Boris Schnaiderman traduz o outro lado das batalhas em "Guerra em Surdina"

LUCIANA ARAUJO
DA REDAÇÃO

Boris Schnaiderman, 87, nasceu na Ucrânia, em 1917, ano da Revolução Bolchevique. Em "Guerra em Surdina", relançado agora, 40 anos após sua primeira publicação, em 1964, o leitor é conduzido a outro marco, não só da vida do autor, mas também histórico: a participação da Força Expedicionária Brasileira (FEB) na campanha italiana durante a Segunda Guerra Mundial.
Tradutor do russo para o português de autores como Maiakóvski, Púchkin e Tchekhov, em "Guerra em Surdina", Schnaiderman é interprete de si mesmo e de mais de 20 mil homens, que como ele, foram convocados em 1944, pelo governo Vargas, para lutar ao lado dos Aliados.
A partir do que vivenciou como pracinha numa Itália destruída pela guerra, Schnaiderman constrói uma narrativa ficcional, lançando-se em outra frente de batalha: a de traduzir a experiência real em arte literária.
Em entrevista à Folha, Schnaiderman fala sobre as dificuldades que enfrentou para que se desse tal consubstanciação. No território do papel, o escritor diz ter dado muitas voltas até encontrar seu caminho, o "seu tom". Em suas mãos, a língua portuguesa já era arma bem manejada. Contudo, os tiros demoraram a acertar o alvo que almejava, e ainda almeja, o crítico rigoroso, que ele é. Leia a seguir trechos da entrevista.
 

Folha - Como o sr. decidiu transformar sua experiência como pracinha da FEB em literatura?
Boris Schnaiderman -
Eu precisava relatar a experiência. Se escrevesse uma autobiografia, centraria muito no meu caso, que é atípico, pois era um estrangeiro na FEB, mas eu queria contar a experiência coletiva. Aquilo de o indivíduo não ver a necessidade de lutar e mesmo assim se sair bem me surpreendeu. Para mim, isso só seria possível se eles acreditassem lutar por uma causa justa.

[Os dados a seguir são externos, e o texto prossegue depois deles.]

-- ===== src/Demo/PairMemory.antt =====
-- packages/dogos_demo/pair_memory.py: the two files read by role.
pub mod Initiator
use mathlib.Core.List.{reverse}
use dogos_memory.Base.{
  Bool, List, Option, Result, Text, [], all, codes, err, if◌then◌else◌, is_some, keep, none, ok,
  some, suc, text_eq, zero, ℕ, ◌&&◌, ◌++◌, ◌==◌, ◌>>◌, ◌∷◌,
}
use dogos_memory.Demo.Models.{
  DemoConfig, DemoError, DogRole, cautious, find_dog, outgoing, session_actor_not_configured,
  session_plan_conflict, store_binding_missing,
}
use dogos_memory.Demo.Plan.{PairRecalls, dog_with_role}
use dogos_memory.Demo.Session.{DogMemoryView, PairSnapshot, slash}
use dogos_memory.Demo.World.{Action, Runtime, from_store, lift, pure, ◌>>=◌}
use dogos_memory.Memory.Models.{RecallResult, StoredMemory, is_completed}
use dogos_memory.Memory.Store.{affinity, list_session, recall}

abbrev pub first_memory : List StoredMemory → Option Text
first_memory [] = none
first_memory (m ∷ ms) = some m.memory_id

-- `_view`
abbrev pub view : RecallResult → DogMemoryView
view r = record {
  dog_id = r.profile.dog_id;
  peer_id = r.peer_id;
  affinity = r.affinity;
  familiar = r.familiar;
  latest_memory_id = first_memory r.facts;
}

-- `_is_action_completion`
abbrev pub is_action_completion : StoredMemory → Bool
is_action_completion m = text_eq m.event_type (codes "action_completed") && is_completed m.result

-- `rsplit("/", k)`: up to `k` splits from the right, as the parts from left to right; `part` is what
-- stands to the right of the place that is read
unfoldable pub rsplit_aux : ℕ → Text → Text → List Text → List Text
rsplit_aux k [] part parts = part ∷ parts
rsplit_aux zero (c ∷ rev) part parts = rsplit_aux zero rev (c ∷ part) parts
rsplit_aux (suc k) (c ∷ rev) part parts =
    let split = rsplit_aux k rev [] (part ∷ parts) in
    let more = rsplit_aux (suc k) rev (c ∷ part) parts in if c == slash then split else more

unfoldable pub rsplit : ℕ → Text → List Text
rsplit k t = rsplit_aux k (reverse t) [] []

-- `_step_one_actor`
abbrev pub step_one_of : Text → List Text → Option Text
step_one_of session (s ∷ actor ∷ step ∷ last ∷ []) =
    if text_eq s session && text_eq step (codes "1") && text_eq last (codes "completed")
    then some actor
    else none
step_one_of session _ = none

unfoldable pub step_one_actor : Text → Text → Option Text
step_one_actor session memory_id = step_one_of session (rsplit 3 memory_id)

-- the actors that are found, with repetitions
abbrev actors_of : Text → List StoredMemory → List Text
actors_of session [] = []
actors_of session (m ∷ ms) =
    let rest = actors_of session ms in
    elim (step_one_actor session m.memory_id) [ none ↦ rest | some a ↦ a ∷ rest ]

-- `len(actors) != 1`
abbrev the_actor : DemoConfig → List Text → Result DemoError (Option Text)
the_actor c [] = err session_plan_conflict
the_actor c (a ∷ rest) =
    if all (text_eq a) rest
    then (if is_some (find_dog c a) then ok (some a) else err session_actor_not_configured)
    else err session_plan_conflict

-- `original_initiator` on the completions of both files
unfoldable pub initiator_of : DemoConfig → Text → List StoredMemory → Result DemoError (Option Text)
initiator_of c session [] = ok none
initiator_of c session (m ∷ ms) = the_actor c (actors_of session (m ∷ ms))

module _ (rt : Runtime) where
  open rt use {config, binding_0, binding_1}

  -- `store(dog_id).recall(...)`
  unfoldable pub recall_for : Text → Text → Action RecallResult
  recall_for dog_id peer_id w = (
    if text_eq binding_0.dog.dog_id dog_id
        then from_store
            (recall binding_0.owner_id (record { peer_id = peer_id; limit = 20 }) w.db_0)
        else if text_eq binding_1.dog.dog_id dog_id
        then from_store
            (recall binding_1.owner_id (record { peer_id = peer_id; limit = 20 }) w.db_1)
        else err store_binding_missing,
    w,
  )

  unfoldable pub recalls : Action PairRecalls
  recalls = do
    shy ← lift (dog_with_role config DogRole.cautious)
    bold ← lift (dog_with_role config DogRole.outgoing)
    a ← recall_for shy.dog_id bold.dog_id
    b ← recall_for bold.dog_id shy.dog_id
    pure (record { cautious = a; outgoing = b })

  unfoldable pub snapshot : Action PairSnapshot
  snapshot = do
    r ← recalls
    pure (record { mode = config.mode; cautious = view r.cautious; outgoing = view r.outgoing })

  unfoldable pub original_initiator : Text → Action (Option Text)
  original_initiator session w =
      ((do
        a ← lift (from_store (list_session binding_0.owner_id session w.db_0))
        b ← lift (from_store (list_session binding_1.owner_id session w.db_1))
        lift (initiator_of config session (keep is_action_completion (a ++ b))))
        w)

Folha - Essa é a visão do narrador-personagem, o estudante de medicina João Afonso, não?
Schnaiderman -
Sim, a visão é minha mesmo, mas nem tudo o que acontece com João Afonso aconteceu comigo.

Folha - Com relação aos fatos, quais são as fronteiras entre testemunho e a criação ficcional em "Guerra em Surdina"?
Schnaiderman -
O livro é uma ficção baseada no que aconteceu comigo ou com companheiros da FEB, ou no que poderia ter acontecido. São verídicos, por exemplo, os episódios em que servi de intérprete [narrados no capítulo "Naufrágio"], quando fui chamado para interrogar um homem suspeito de ser espião alemão e um russo. Aliás, usei a primeira pessoa nestes casos, mas isso não é regra. Muito do que é narrado em primeira pessoa eu não vivi.

Folha - Quando "Guerra em Surdina" começou a ser escrito?
Schnaiderman -
Comecei a escrever ainda na Itália. Escrevia e rasgava... Escrevia e rasgava...Foram 19 anos até conclui-lo. Nunca ficava satisfeito.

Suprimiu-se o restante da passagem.